Why does this not work on Oracle?

I’m glad you asked. The documentation says that:

explain() is supported by all built-in database backends except Oracle because an implementation there isn’t straightforward.

This is a huge understatement. During my work on this feature I was amazed at how complex this was to implement on Oracle, versus the simplicity of other databases. Here is how you get the query execution plan:

Prefix your query with EXPLAIN PLAN FOR
This writes your query plan into a special table. You need to give EXPLAIN PLAN FOR a specific UID per plan.
1. The special table is not created per-user, and there is no way to know it has been renamed
Execute DBMS_XPLAN.DISPLAY() procedure to convert the plan into a human readable output
1. You need the correct statement ID given above
2. You also have no real way of knowing if this function is available or can be called without error

So this is a pretty complex workflow to just get a query plan, but it’s doable. I had this feature working in my branch and it seemed OK. Until I hit a blocker:

You cannot explain parameterized queries!
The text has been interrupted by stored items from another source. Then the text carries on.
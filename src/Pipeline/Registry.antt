-- ===== src/Pipeline/Registry.antt =====
-- The pipelines by name, of ga/core/pipeline.cpp: do_register, do_unregister and lookup on
-- `pipelinemap`. A pipeline is its address. Each runs under `pipelinemutex`, but for the name that
-- do_register writes to the pipeline behind it.
pub mod Laws
use gaminganywhere.Base.{ℕ, Bool, true, false, List, ◌∷◌, Option, none, some}
use gaminganywhere.Conf.Maps.{Bytes, find, assign, erase}

-- `pipelinemap`, and the names that were written to pipelines, the last one first.
pub record Registry : Type 0 where
  pub pipelinemap : List (Bytes × ℕ)
  pub named : List (ℕ × Bytes)

abbrev pub registered : Registry → Bytes → ℕ → Registry
registered r provider pipe = record r {
  pipelinemap = assign r.pipelinemap provider pipe;
  named = (pipe, provider) ∷ r.named;
}

-- The flag is false for -1.
unfoldable pub do_register : Registry → Bytes → ℕ → Bool × Registry
do_register r provider pipe = elim (find r.pipelinemap provider) [
  | none ↦ (true, registered r provider pipe)
  | some p ↦ (false, r)
]

unfoldable pub do_unregister : Registry → Bytes → Registry
do_unregister r provider = record r { pipelinemap = erase r.pipelinemap provider }

-- NULL is none.
unfoldable pub lookup : Registry → Bytes → Option ℕ
lookup r provider = find r.pipelinemap provider
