-- ===== src/Pipeline/Registry/Laws.antt =====
-- What is registered is what is found.
use gaminganywhere.Base.{ℕ, ◌≡◌, refl, if◌then◌else◌, true, false, none, some}
use gaminganywhere.Conf.Maps.{Bytes, eqb}
use gaminganywhere.Conf.Maps.Laws.{find-assign}
use gaminganywhere.Pipeline.Registry.{Registry, do_register, lookup}

-- A name that is free is given to the pipeline; one that is taken is refused, and nothing changes.
-- Either way the names of the others stay.
pub lookup-do_register :
    (r : Registry) (provider : Bytes) (pipe : ℕ) (q : Bytes)
    → lookup r provider ≡ none
    → ((do_register r provider pipe).0 ≡ true)
      × (lookup (do_register r provider pipe).1 q
          ≡ (if eqb provider q then some pipe else lookup r q))
unfolding lookup do_register
lookup-do_register r provider pipe q free =
    rw (free, do_register) (refl, find-assign r.pipelinemap provider pipe q)

pub do_register-taken :
    (r : Registry) (provider : Bytes) (pipe p : ℕ)
    → lookup r provider ≡ some p
    → do_register r provider pipe ≡ (false, r)
unfolding lookup do_register
do_register-taken r provider pipe p taken = rw (taken, do_register) refl
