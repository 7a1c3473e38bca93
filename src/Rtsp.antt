-- ===== src/Rtsp.antt =====
-- The RTSP server of ga/core/rtspserver.cpp.
pub mod Server
pub mod Codecs
pub mod Interleaved
pub mod Reader
pub mod Request
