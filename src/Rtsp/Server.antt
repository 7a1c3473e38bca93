-- ===== src/Rtsp/Server.antt =====
-- The state of one RTSP connection (`RTSPContext` of ga/core/rtspserver.h), and what the command
-- handlers of ga/core/rtspserver.cpp share: replies, transports and paths. A reply is the list of
-- the lines that are printed to the socket.
pub mod Streams
pub mod Commands
pub mod Machine
pub mod Faults
pub mod Protocol
pub mod Traces
mod Tests
use Prim.Native.Char.{code}
use Prim.Native.String.{String}
use gaminganywhere.Base.{
  ℕ, zero, suc, ◌+◌, ◌==◌, ltb, if◌then◌else◌, ◌&&◌, List, [], ◌∷◌, ◌++◌, Option, none, some, Bool,
  true, false, length, drop,
}

abbrev pub Bytes : Type 0
Bytes = List ℕ

-- The code points of a text: its bytes, for the ASCII texts of the source.
abbrev pub codes : String → Bytes
codes String.[] = []
codes (String.◌∷◌ c s) = code c ∷ codes s

-- `enum RTSPServerState`
pub data ServerState : Type 0 where
  idle ready playing pause teardown : ServerState

-- `enum RTSPLowerTransport`, as far as the server looks at it
pub data LowerTransport : Type 0 where
  udp tcp multicast : LowerTransport

-- `enum RTSPStatusCode`, as far as the server replies with it
pub data Status : Type 0 where
  ok method session state aggregate transport internal service version : Status

-- `RTSP_CHANNEL_MAX`: the size of the arrays of a context
abbrev pub channel_max : ℕ
channel_max = 8

-- `IMAGE_SOURCE_CHANNEL_MAX`
abbrev pub source_channel_max : ℕ
source_channel_max = 8

-- What the command handlers read and write of a `RTSPContext`. In the arrays of pointers a flag
-- says whether the pointer is set.
pub record Context : Type 0 where
  pub state : ServerState
  pub seq : ℕ
  pub session_id : Option Bytes
  pub lower_transport : List LowerTransport
  pub fmtctx : List Bool
  pub stream : List Bool
  pub encoder : List Bool

pub record TransportField : Type 0 where
  pub lower : LowerTransport
  pub client_port_min : ℕ
  pub client_port_max : ℕ

-- what the handlers read of a `RTSPMessageHeader`; an empty session id is none
pub record Header : Type 0 where
  pub header_seq : ℕ
  pub header_session : Bytes
  pub transports : List TransportField

-- what the handlers read of the `RTSPConf`
pub record ServerConf : Type 0 where
  pub object : Bytes
  pub video_codec : ℕ
  pub audio_codec : ℕ
  pub channels : ℕ

pub data Line : Type 0 where
  status_line : Status → Line
  cseq : ℕ → Line
  date blank public_methods content_type : Line
  session_line : Bytes → Line
  content_base : Bytes → Line
  content_length : ℕ → Line
  content : Bytes → Line
  transport_udp : ℕ → ℕ → ℕ → ℕ → Line
  transport_tcp : ℕ → ℕ → Line

-- What a handler comes to. A fault is undefined behaviour of the source: a NULL pointer handed to
-- `strcmp`, or an index behind the end of an array.
pub data Outcome : Type 0 where
  done : Context → List Line → Outcome
  fault : Outcome

-- `rtsp_reply_header`
abbrev pub reply_header : Context → Status → List Line
reply_header c s = status_line s ∷ cseq c.seq ∷ date ∷ []

-- `rtsp_reply_error`
abbrev pub reply_error : Context → Status → List Line
reply_error c s = reply_header c s ++ (blank ∷ [])

-- `strcmp(a, b) == 0`
unfoldable pub same : Bytes → Bytes → Bool
same [] [] = true
same (x ∷ xs) (y ∷ ys) = x == y && same xs ys
same _ _ = false

-- `strncmp(path, object, strlen(object)) == 0`
unfoldable pub has_prefix : Bytes → Bytes → Bool
has_prefix path [] = true
has_prefix [] (y ∷ ys) = false
has_prefix (x ∷ xs) (y ∷ ys) = x == y && has_prefix xs ys

unfoldable pub same_transport : LowerTransport → LowerTransport → Bool
same_transport udp udp = true
same_transport tcp tcp = true
same_transport multicast multicast = true
same_transport _ _ = false

-- `find_transport`
unfoldable pub find_transport : List TransportField → LowerTransport → Option TransportField
unfolding same_transport
find_transport [] t = none
find_transport (th ∷ ths) t = if same_transport th.lower t then some th else find_transport ths t

-- `snprintf(channelname[i], …, "streamid=%d", i)`, for one digit
abbrev pub channelname : ℕ → Bytes
channelname i = codes "streamid=" ++ ((b'0' + i) ∷ [])

-- the loop over `channelname`, with `n` names left from name `i` on
unfoldable pub find_stream : Bytes → ℕ → ℕ → Option ℕ
unfolding same
find_stream name i zero = none
find_stream name i (suc n) =
    let rest = find_stream name (suc i) n in if same name (channelname i) then some i else rest

-- `path + baselen + 1`. Where the path ends at `baselen`, this is behind its terminator, and `stale`
-- is what the array holds there.
unfoldable pub stream_name : Bytes → Bytes → Bytes → Bytes
stream_name path object stale =
    if length path == length object then stale else drop (suc (length object)) path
Yeah. So… that’s a blocker. All queries in Django are parameterized to prevent SQL injections, so rather than executing

SELECT * FROM table WHERE id = 1;

Django would execute:

SELECT * FROM table WHERE id = ?;

and pass 1 as the parameter (denoted as ? in the query above). With oracle you cannot do this, all parameters must be filled in.

So that’s why we cannot support Oracle with this, which kind of sucks.